Provided material:
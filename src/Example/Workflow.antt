-- ===== src/Example/Workflow.antt =====
-- What a workflow that an example runs leaves behind, however it ends.
use cloudify_system_tests.Prelude.{
  ℕ, sym, ◌≡◌, refl, ap, ◌∙◌, String, Bool, true, false, some, none, [], ◌*◌,
}
use cloudify_system_tests.Dict.{Dict}
use cloudify_system_tests.Act.{
  value, Act, Done, Error, Result, ok, err, running, continue, catch, raise, ◌>>=◌, ◌>>◌,
}
use cloudify_system_tests.Act.Moves.{Moves, Moves-bind}
use cloudify_system_tests.Act.Invert.{bind_inv, with_result}
use cloudify_system_tests.Client.{Api, Session, Execution, Headers, error, log_line, request}
use cloudify_system_tests.Resources.Checks.{answered}
use cloudify_system_tests.Execution.{wait_for_execution}
use cloudify_system_tests.Client.Tenant.{
  headers_in, set_client_tenant_inv, SameHeaders, set_client_tenant-SameHeaders,
}
use cloudify_system_tests.Execution.Outcome.{HasSucceeded, wait_for_execution-HasSucceeded}
use cloudify_system_tests.Execution.Steps.{wait_for_execution-SameHeaders}
use cloudify_system_tests.Act.Retry.{Retrying}
use cloudify_system_tests.Example.{
  Example, Site, Bench, on_session, set_installed, start_and_wait, execute, install,
}

module _ {W : Type 0} (api : Api W) (site : Site W) (premium : Bool)
    (client_retry : Retrying (Session W)) (retry : Retrying (Bench W)) where
  start_and_wait-SameHeaders :
      (fuel : ℕ) (id workflow : String) (parameters : Dict String)
      → Moves SameHeaders
          (start_and_wait api site premium client_retry retry fuel id workflow parameters)
  unfolding start_and_wait
  start_and_wait-SameHeaders fuel id workflow parameters =
      Moves-bind SameHeaders (λ s. refl) (λ s t u p q. q ∙ p) _ _ (record { at = λ s. refl })
        (λ execution. record {
          at = wait_for_execution-SameHeaders api fuel execution none (20 * 60) false;
        })

  -- A workflow of the example's deployment has been started under the example's tenant, and the wait for
  -- the execution that the manager answered, and that began at once, has seen it succeed.
  pub record Ran (fuel : ℕ) (workflow : String) (parameters : Dict String) (b : Bench W)
      : Type 0 where
    pub started : Execution
    pub asked :
        (api.start_execution
          (headers_in b.example.tenant b.session.headers)
          b.example.deployment_id
          workflow
          parameters
          b.session.world).0
        ≡ value started
    pub session : Session W
    at_once :
        session.world
        ≡ (api.start_execution
            (headers_in b.example.tenant b.session.headers)
            b.example.deployment_id
            workflow
            parameters
            b.session.world).1
    pub ended : Execution
    pub waited : (wait_for_execution api fuel started none (20 * 60) false session).0 ≡ ok ended
    pub succeeded : HasSucceeded api ended

  start_and_wait-Ran :
      (fuel : ℕ) (workflow : String) (parameters : Dict String) (b : Bench W) (s : Session W)
      (h : Headers) (w : W) (x : Execution)
      → s.headers ≡ h
      → s.world ≡ w
      → h ≡ headers_in b.example.tenant b.session.headers
      → w ≡ b.session.world
      → (start_and_wait api site premium client_retry retry fuel b.example.deployment_id workflow
          parameters s).0
        ≡ ok x
      → Ran fuel workflow parameters b
  unfolding start_and_wait
  start_and_wait-Ran fuel workflow parameters b s h w x p q p2 q2 e =
      let (execution, answer, e1) =
        bind_inv (request (λ h. api.start_execution h b.example.deployment_id workflow parameters))
          (λ execution. wait_for_execution api fuel execution none (20 * 60) false) s _ x
          (with_result _ (ok x) e) in
      let same =
        ap
          (λ (k : Headers).
            api.start_execution k b.example.deployment_id workflow parameters s.world)
          (p ∙ p2)
        ∙ ap
            (λ (v : W).
              api.start_execution (headers_in b.example.tenant b.session.headers)
                b.example.deployment_id workflow parameters v)
            (q ∙ q2) in
      record {
        started = execution;
        asked = ap (λ r. r.0) (sym same) ∙ answered _ execution answer;
        session = _;
        at_once = ap (λ r. r.1) same;
        ended = x;
        waited = ap (λ r. r.0) e1;
        succeeded =
            wait_for_execution-HasSucceeded api fuel execution none (20 * 60) false _ x
              (ap (λ r. r.0) e1);
      }

  -- the `except` clause of `execute`
  abbrev report : Error → Act (Bench W) Execution
  report e = on_session (log_line error "Error on deployment execution") >> raise e

  report_headers :
      (r : Result Execution) (b : Bench W)
      → (catch (λ u. (r, u)) report b).1.session.headers ≡ b.session.headers
  unfolding ◌>>=◌
  report_headers (ok x) b = refl
  report_headers (err e) b = refl
  report_headers running b = refl

  report_example :
      (r : Result Execution) (b : Bench W) → (catch (λ u. (r, u)) report b).1.example ≡ b.example
  unfolding ◌>>=◌
  report_example (ok x) b = refl
  report_example (err e) b = refl
  report_example running b = refl

  report_result :
      (r : Result Execution) (b : Bench W) (x : Execution)
      → (catch (λ u. (r, u)) report b).0 ≡ ok x
      → r ≡ ok x
  unfolding ◌>>=◌
  report_result (ok y) b x e = e
  report_result (err y) b x e = cc
  report_result running b x e = cc

  -- However a workflow ends, also by an exception, the client sends the headers that it sent before,
  -- and the example is as it was.
  execute-SameHeaders :
      (fuel : ℕ) (workflow_id : String) (parameters : Dict String) (b : Bench W)
      → ((execute api site premium client_retry retry fuel workflow_id parameters
            b).1.session.headers
          ≡ b.session.headers)
        × ((execute api site premium client_retry retry fuel workflow_id parameters b).1.example
            ≡ b.example)
  unfolding execute ◌>>=◌
  execute-SameHeaders fuel workflow parameters b = (
    report_headers _ _
        ∙ (set_client_tenant-SameHeaders (some b.example.tenant) _
              (start_and_wait-SameHeaders fuel b.example.deployment_id workflow parameters)).at
            _,
    report_example _ _,
  )

  execute-Ran :
      (fuel : ℕ) (workflow : String) (parameters : Dict String) (b : Bench W) (x : Execution)
      → (execute api site premium client_retry retry fuel workflow parameters b).0 ≡ ok x
      → Ran fuel workflow parameters b
  unfolding execute ◌>>=◌
  execute-Ran fuel workflow parameters b x e =
      let (s, p, q, run) =
        set_client_tenant_inv b.example.tenant
          (start_and_wait api site premium client_retry retry fuel b.example.deployment_id workflow
            parameters)
          _ x (report_result _ _ x e) in
      start_and_wait-Ran fuel workflow parameters b s _ _ x refl refl p q run

  -- The example counts as installed if the workflow has succeeded, and is as it was if not.
  abbrev pub Installed : ℕ → Bench W → Result Done × Bench W → Type 0
  Installed fuel b (ok d, t) =
      (t.example ≡ record (b.example) { installed = true }) × Ran fuel "install" [] b
  Installed fuel b (err e, t) = t.example ≡ b.example
  Installed fuel b (running, t) = t.example ≡ b.example

  Installed-after :
      (fuel : ℕ) (r : Result Execution) (b u : Bench W)
      → u.example ≡ b.example
      → ((x : Execution) → r ≡ ok x → Ran fuel "install" [] b)
      → Installed fuel b (continue r (λ _. set_installed true) u)
  Installed-after fuel (ok x) b u same h =
      (ap {A = Example} (λ e. record e { installed = true }) same, h x refl)
  Installed-after fuel (err e) b u same h = same
  Installed-after fuel running b u same h = same

  -- An installation that returns has started the workflow 'install' for the deployment of the example,
  -- under its tenant, and the wait for the execution that the manager answered has seen it succeed; it
  -- marks the example as installed and changes nothing else of it. One that does not return leaves the
  -- example as it was.
  pub install-Installed :
      (fuel : ℕ) (b : Bench W)
      → Installed fuel b (install api site premium client_retry retry fuel b)
  unfolding install ◌>>=◌
  install-Installed fuel b =
      Installed-after fuel _ b _ (execute-SameHeaders fuel "install" [] _).1 (λ x e.
        let ran = execute-Ran fuel "install" [] _ x e in
        record {
          started = ran.started;
          asked = ran.asked;
          session = ran.session;
          at_once = ran.at_once;
          ended = ran.ended;
          waited = ran.waited;
          succeeded = ran.succeeded;
        })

About this task: Which lines above include the word "continue"? Pick them out and copy them.

Result of the task:
  value, Act, Done, Error, Result, ok, err, running, continue, catch, raise, ◌>>=◌, ◌>>◌,
      → Installed fuel b (continue r (λ _. set_installed true) u)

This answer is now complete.